Estou pesquisando e pretendo coloca em pratica logo.
Uso servidor Mk e nos clientes airgrid m5.
Vai regra no Nat direcionar porta na antena etc?
Obrigado!

----------


## teknando

Opa amigo aki uso DHCP IP+MAC com a CPE TPLink 5210G, so habilito o Gerenciamento remoto com o IP 255.255.255.255 porta 8081 e nos rodeadores fica com o IP 0.0.0.0 e Porta 8082 acesso de boa os rodeadores Tp-Link e Intelbras.
Quando usava PPPoE também funciona mas PPPoE era uma dor de cabeça com cliente caindo que cai fora.

----------


## 1929

> Opa amigo aki uso DHCP IP+MAC com a CPE TPLink 5210G, so habilito o Gerenciamento remoto com o IP 255.255.255.255 porta 8081 e nos rodeadores fica com o IP 0.0.0.0 e Porta 8082 acesso de boa os rodeadores Tp-Link e Intelbras.
> Quando usava PPPoE também funciona mas PPPoE era uma dor de cabeça com cliente caindo que cai fora.

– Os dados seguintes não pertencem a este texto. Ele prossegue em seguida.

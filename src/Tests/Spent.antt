-- ===== src/Tests/Spent.antt =====
-- The theorems on using and closing proof accounts, run on the proof that Staged stages.
use token_22_cts.Prelude.{Option, none, ◌≢◌, ◌≡◌, refl, true, false, some, List, [], ◌∷◌, ap, subst}
use token_22_cts.Solana.{Keypair, Instruction}
use token_22_cts.Error.{ok, panicked}
use token_22_cts.Cluster.{transaction_size, fits_in_one_transaction, with_compute_unit_limit}
use token_22_cts.Cluster.Recorded.{Log, recorded}
use token_22_cts.Random.{recorded_random}
use token_22_cts.Proofs.Interface.{verify_batched_range_proof_u64}
use token_22_cts.Proofs.Units.{compute_units, sum_u32}
use token_22_cts.Proofs.Chunk.{search_chunk, largest_chunk}
use token_22_cts.Proofs.Record.{fill}
use token_22_cts.Proofs.{ProofAccounts, no_accounts, create_context_account, stage_from_record}
use token_22_cts.Proofs.Close.{budgeted, overflows, send_batch, pack, pending, close}
use token_22_cts.Proofs.Packing.{Packs, to_close, close-Packs}
use token_22_cts.Proofs.Consume.{
  opening, opening_units, tails, closing, closing_units, build, send_tails, send_built, consume,
}
use token_22_cts.Proofs.Spending.{Spends, consume-Spends}
use token_22_cts.Proofs.Trail.{started, Tracked}
use token_22_cts.Proofs.Tracking.{stage_from_record-Tracked}
use token_22_cts.Cluster.Ledger.{run}
use token_22_cts.Proofs.Ending.{Ends, consume-Ends}
use token_22_cts.Tests.Staged.{plain, proofs, random, proof, staged_world, log_start, staging}
use token_22_cts.Tests.Sample.{Chain, at, key}
use token_22_cts.Tests.Toy.{cluster, receipt, execute, landed_or_not}

-- Three accounts to close, of which two fit in a packet.
abbrev three : ProofAccounts
three = record { contexts = at 70 ∷ at 71 ∷ []; records = at 80 ∷ []; staged = [] }

abbrev closed : Chain × Log
unfolding close
closed = (close proofs (recorded cluster) three log_start).1

closing_three : close proofs (recorded cluster) three log_start ≡ (ok tt, closed)
unfolding close pack pending overflows budgeted send_batch sum_u32 compute_units
    fits_in_one_transaction transaction_size with_compute_unit_limit
closing_three = refl

close-Packs_example : Packs proofs (at 9) (to_close proofs (at 9) three) [] closed.1
close-Packs_example = close-Packs proofs cluster three log_start closed closing_three

-- The staged proof is used: its tail does not fit next to the closings, and is written before.
abbrev used : Chain × Log
unfolding consume
used =
    (consume proofs (recorded cluster) staged_world.1 (plain [] ∷ []) (key 40 ∷ []) 20_000
      staged_world.0).1

using :
    consume proofs
      (recorded cluster)
      staged_world.1
      (plain [] ∷ [])
      (key 40 ∷ [])
      20_000
      staged_world.0
    ≡ (ok receipt, used)
unfolding consume build opening opening_units tails closing closing_units send_tails send_built
    sum_u32 compute_units fits_in_one_transaction transaction_size with_compute_unit_limit
    stage_from_record fill largest_chunk search_chunk create_context_account
using = refl

consume-Spends_example :
    Spends proofs cluster
      (at 9)
      staged_world.1
      (plain [] ∷ [])
      (key 40 ∷ [])
      20_000
      staged_world.0.1
      used.1
consume-Spends_example =
    consume-Spends proofs cluster staged_world.1 (plain [] ∷ []) (key 40 ∷ []) 20_000 staged_world.0
      used receipt using

-- A thaw of an account that is not there.
abbrev refused : Instruction
refused = record {
  program_id = at 0;
  accounts = record { pubkey = at 5; is_signer = false; is_writable = true } ∷ [];
  instruction_data = 1 ∷ [];
}

staged-Tracked : Tracked proofs [] staged_world
staged-Tracked = subst (Tracked proofs []) (ap (λ r. r.1) staging) (
    stage_from_record-Tracked proofs [] cluster random verify_batched_range_proof_u64 proof
      log_start no_accounts (started, tt))

-- The cluster refuses the transaction that uses the staged proof.
consume-Ends_example :
    Ends proofs [] cluster
      (at 9)
      staged_world.1
      (refused ∷ [])
      (key 40 ∷ [])
      20_000
      staged_world.0.1
      (consume proofs
        (recorded cluster)
        staged_world.1
        (refused ∷ [])
        (key 40 ∷ [])
        20_000
        staged_world.0)
unfolding stage_from_record
consume-Ends_example =
    consume-Ends proofs [] cluster staged_world.1 (refused ∷ []) (key 40 ∷ []) 20_000 staged_world.0
      staged-Tracked

stage_from_record-Tracked_example : Tracked proofs [] (
    (stage_from_record proofs
      (recorded cluster)
      (recorded_random random)
      verify_batched_range_proof_u64
      proof
      (log_start, no_accounts)).1)
stage_from_record-Tracked_example =
    stage_from_record-Tracked proofs [] cluster random verify_batched_range_proof_u64 proof
      log_start no_accounts (started, tt)

pub never_panics :
    (is : List Instruction) (signers : List Keypair) (w : Chain)
    → (cluster.send is signers w).0 ≢ panicked
never_panics is signers w = settled (run execute is w)
  where
    settled : (o : Option Chain) → (landed_or_not w o).0 ≢ panicked
    settled none = λ p. cc
    settled (some w') = λ p. cc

E você usa CPE roteada para receber o sinal da torre? Ou está em bridge?
Estes roteadores tem esse problema de acesso. Se não estiver com a máscara 255.255.255.255 não vai mesmo.

----------


## teknando

> E você usa CPE roteada para receber o sinal da torre? Ou está em bridge?
> Estes roteadores tem esse problema de acesso. Se não estiver com a máscara 255.255.255.255 não vai mesmo.


Isso mesmo Rodeada especificamente a função :AP Client Router:
WISP Client Router



haa e outra coisa tenho umas 5 TL 5210G com o Firmware Intelbras e funciona normal também, não sei se e impressão minha mas a conexão nelas e mais estável do que com Firmware Tp-Link

----------


## Rafaelvelonet

Amigos eu uso nos clientes airgrid,ai fiz 2 encaminhamento de portas na airgrid uma para nao perder acesso com a antena e uma para ter acesso no roteador,no roteador coloquei porta 4042 e 255.255.255.255,criei uma regra no Mk em Nat para direcionar a porta do roteador ai coloco ip da airgrid na regra do apply e digito no navegador ip da aigrid :4042 e cai no roteador acho que era isso.

----------